Par ailleurs, si la société MAISON QUATRESOUS et Madame [E] [M] produisent une attestation du 19 avril 2022 « sur les irrégularités constatées » par le cabinet d’expertise comptable FOLLET-BOUTIN, force est de constater que lesdites irrégularités ne sont ni détaillées ni circonstanciées, et que l’attestation se contente d’évoquer succinctement le « non dépôt de la liasse fiscale 2018 », le « retard dans le dépôt des déclarations de TVA 2017 », « l’erreur sur le montant déclaré dans l’avis d’imposition » ou le « contrat d’apprentissage non transmis ». A cet égard, bien que l’attestation soit établie pour servir dans le cadre du présent litige, les irrégularités comptables alléguées ne sont pas directement imputées à la société GESTIA CONSEIL, même si celle-ci était bien en charge du suivi comptable de la société MAISON QUATRESOUS sur cette période.
Dès lors, la présente juridiction ne peut se fonder sur cette seule attestation pour établir l’existence d’un manquement contractuel imputable à la société GESTIA CONSEIL.

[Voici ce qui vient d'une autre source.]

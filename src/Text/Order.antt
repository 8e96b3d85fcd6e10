-- ===== src/Text/Order.antt =====
-- The order of strings (bytes compared as unsigned, a prefix first), and `std::set<std::string>`
-- as the list of its elements in iteration order.
use dfss.Base.{
  ◌≡◌, refl, sym, subst, inl, inr, Bool, true, false, ◌||◌, ◌&&◌, List, [], ◌∷◌, ◌++◌, arith, ◌==◌,
  ltb, if◌then◌else◌, Bool-cases, All,
}
use dfss.Text.{Str, str_eq, str_eq_iff, str_eq_refl}

unfoldable pub str_lt : Str → Str → Bool
str_lt [] [] = false
str_lt [] (b ∷ t) = true
str_lt (a ∷ s) [] = false
str_lt (a ∷ s) (b ∷ t) = ltb a b || ((a == b) && str_lt s t)

pub str_lt_trans : (s t u : Str) → str_lt s t ≡ true → str_lt t u ≡ true → str_lt s u ≡ true
unfolding str_lt
str_lt_trans [] [] u h k = k
str_lt_trans [] (b ∷ t) [] h k = k
str_lt_trans [] (b ∷ t) (c ∷ u) h k = refl
str_lt_trans (a ∷ s) [] u h k = cc
str_lt_trans (a ∷ s) (b ∷ t) [] h k = k
str_lt_trans (a ∷ s) (b ∷ t) (c ∷ u) h k = ground (arith, str_lt_trans s t u)

pub str_lt_irrefl : (s : Str) → str_lt s s ≡ false
unfolding str_lt
str_lt_irrefl [] = refl
str_lt_irrefl (a ∷ s) = ground (arith, str_lt_irrefl s)

-- Of two different strings one is smaller.
pub str_lt_total : (s t : Str) → str_lt s t ≡ false → str_eq s t ≡ false → str_lt t s ≡ true
unfolding str_lt str_eq
str_lt_total [] [] h k = cc
str_lt_total [] (b ∷ t) h k = cc
str_lt_total (a ∷ s) [] h k = refl
str_lt_total (a ∷ s) (b ∷ t) h k = ground (arith, str_lt_total s t)

-- `ip_s.insert(x)`: in order, and only if it is new.
unfoldable pub set_insert : Str → List Str → List Str
set_insert x [] = x ∷ []
set_insert x (y ∷ ys) =
    if str_eq x y then y ∷ ys else if str_lt x y then x ∷ y ∷ ys else y ∷ set_insert x ys

unfoldable pub set_has : Str → List Str → Bool
set_has x [] = false
set_has x (y ∷ ys) = str_eq x y || set_has x ys

-- Every element is above `x`.
abbrev pub AllAbove : Str → List Str → Type 0
AllAbove x [] = Unit {0}
AllAbove x (y ∷ ys) = (str_lt x y ≡ true) × AllAbove x ys

-- The elements rise strictly: each is there once.
abbrev pub IsRising : List Str → Type 0
IsRising [] = Unit {0}
IsRising (x ∷ xs) = AllAbove x xs × IsRising xs

AllAbove-set_insert :
    (x y : Str) (ys : List Str) → str_lt y x ≡ true → AllAbove y ys → AllAbove y (set_insert x ys)
unfolding set_insert
AllAbove-set_insert x y [] h a = (h, tt)
AllAbove-set_insert x y (z ∷ ys) h a = ground (arith, AllAbove-set_insert x y ys h a.1)

AllAbove-trans : (x y : Str) (ys : List Str) → str_lt x y ≡ true → AllAbove y ys → AllAbove x ys
AllAbove-trans x y [] h a = tt
AllAbove-trans x y (z ∷ ys) h a = (str_lt_trans x y z h a.0, AllAbove-trans x y ys h a.1)

pub set_insert-IsRising : (x : Str) (ys : List Str) → IsRising ys → IsRising (set_insert x ys)
unfolding set_insert
set_insert-IsRising x [] r = (tt, tt)
set_insert-IsRising x (y ∷ ys) r = elim (Bool-cases (str_eq x y)) [
  | inl same ↦ rw same r
  | inr other ↦ elim (Bool-cases (str_lt x y)) [
    | inl below ↦ rw (other, below) ((below, AllAbove-trans x y ys below r.0), r)
    | inr above ↦
        rw (other, above)
          (
            AllAbove-set_insert x y ys (str_lt_total x y above other) r.0,
            set_insert-IsRising x ys r.1,
          )
  ]
]

pub set_has-set_insert :
    (x z : Str) (ys : List Str) → set_has z (set_insert x ys) ≡ (str_eq z x || set_has z ys)
unfolding set_has set_insert
set_has-set_insert x z [] = refl
set_has-set_insert x z (y ∷ ys) =
    ground (arith, set_has-set_insert x z ys, str_eq_iff x y, str_eq_iff z x, str_eq_iff z y)

-- What holds of every element holds of the list.
pub All-of-set_has :
    (P : Str → Type 0) (xs : List Str) → ((x : Str) → set_has x xs ≡ true → P x) → All P xs
unfolding set_has
All-of-set_has P [] h = tt
All-of-set_has P (x ∷ xs) h =
    (h x (rw (str_eq_refl x) refl), All-of-set_has P xs (λ y i. h y (ground arith)))

pub All-at-set_has :
    (P : Str → Type 0) (x : Str) (xs : List Str) → All P xs → set_has x xs ≡ true → P x
unfolding set_has
All-at-set_has P x [] h i = absurd (clash i)
  where
    clash : false ≡ true → ⊥
    clash e = cc
All-at-set_has P x (y ∷ ys) h i = elim (Bool-cases (str_eq x y)) [
  | inl same ↦ subst P (sym ((str_eq_iff x y).0 same)) h.0
  | inr other ↦ All-at-set_has P x ys h.1 (ground arith)
]

pub set_has-append :
    (x : Str) (xs ys : List Str) → set_has x (xs ++ ys) ≡ (set_has x xs || set_has x ys)
unfolding set_has
set_has-append x [] ys = refl
set_has-append x (y ∷ xs) ys = ground (arith, set_has-append x xs ys)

Il ne peut qu’être noté que la plupart des pièces susceptibles d’établir la matérialité des erreurs allégués (déclaration de TVA, déclaration de congé parental, avis d’imposition 2018) ne sont pas versées aux débats par les demanderesses, de même qu’aucun justificatif n’est produit pour étayer la véracité des omissions et négligences attribuées à la défenderesse, de sorte que la présente juridiction ne peut valablement constater les irrégularités que les demanderesses font valoir.
Enfin, les pièces produites par la défenderesse et les différents justificatifs de la situation économique de Madame [E] [M] ne permettent pas de démontrer l’existence de manquements contractuels de la société GESTIA CONSEIL.
Par conséquent, à défaut d’étayer leurs allégations par des éléments précis et circonstanciés, il doit être jugé que les demanderesses n’établissent pas la preuve, comme pourtant il leur incombe, des manquements contractuels imputés à la société GESTIA CONSEIL. Leur demande de dommages et intérêts doit donc être rejetée.
Sur les frais du procès et l’exécution provisoire
Sur les dépens
En application de l’article 696 du code procédure civile, la partie perdante est condamnée aux dépens, à moins que le juge, par décision motivée, n’en mette la totalité ou une fraction à la charge d’une autre partie.
La société MAISON QUATRESOUS et Madame [E] [M], parties perdantes au procès, seront condamnées aux dépens de l’instance.
Sur les demandes au titre de l’article 700 du code de procédure civile
En vertu de l’article 700 du code de procédure civile, le juge condamne la partie tenue aux dépens ou qui perd son procès à payer à l’autre partie la somme qu’il détermine, au titre des frais exposés et non compris dans les dépens.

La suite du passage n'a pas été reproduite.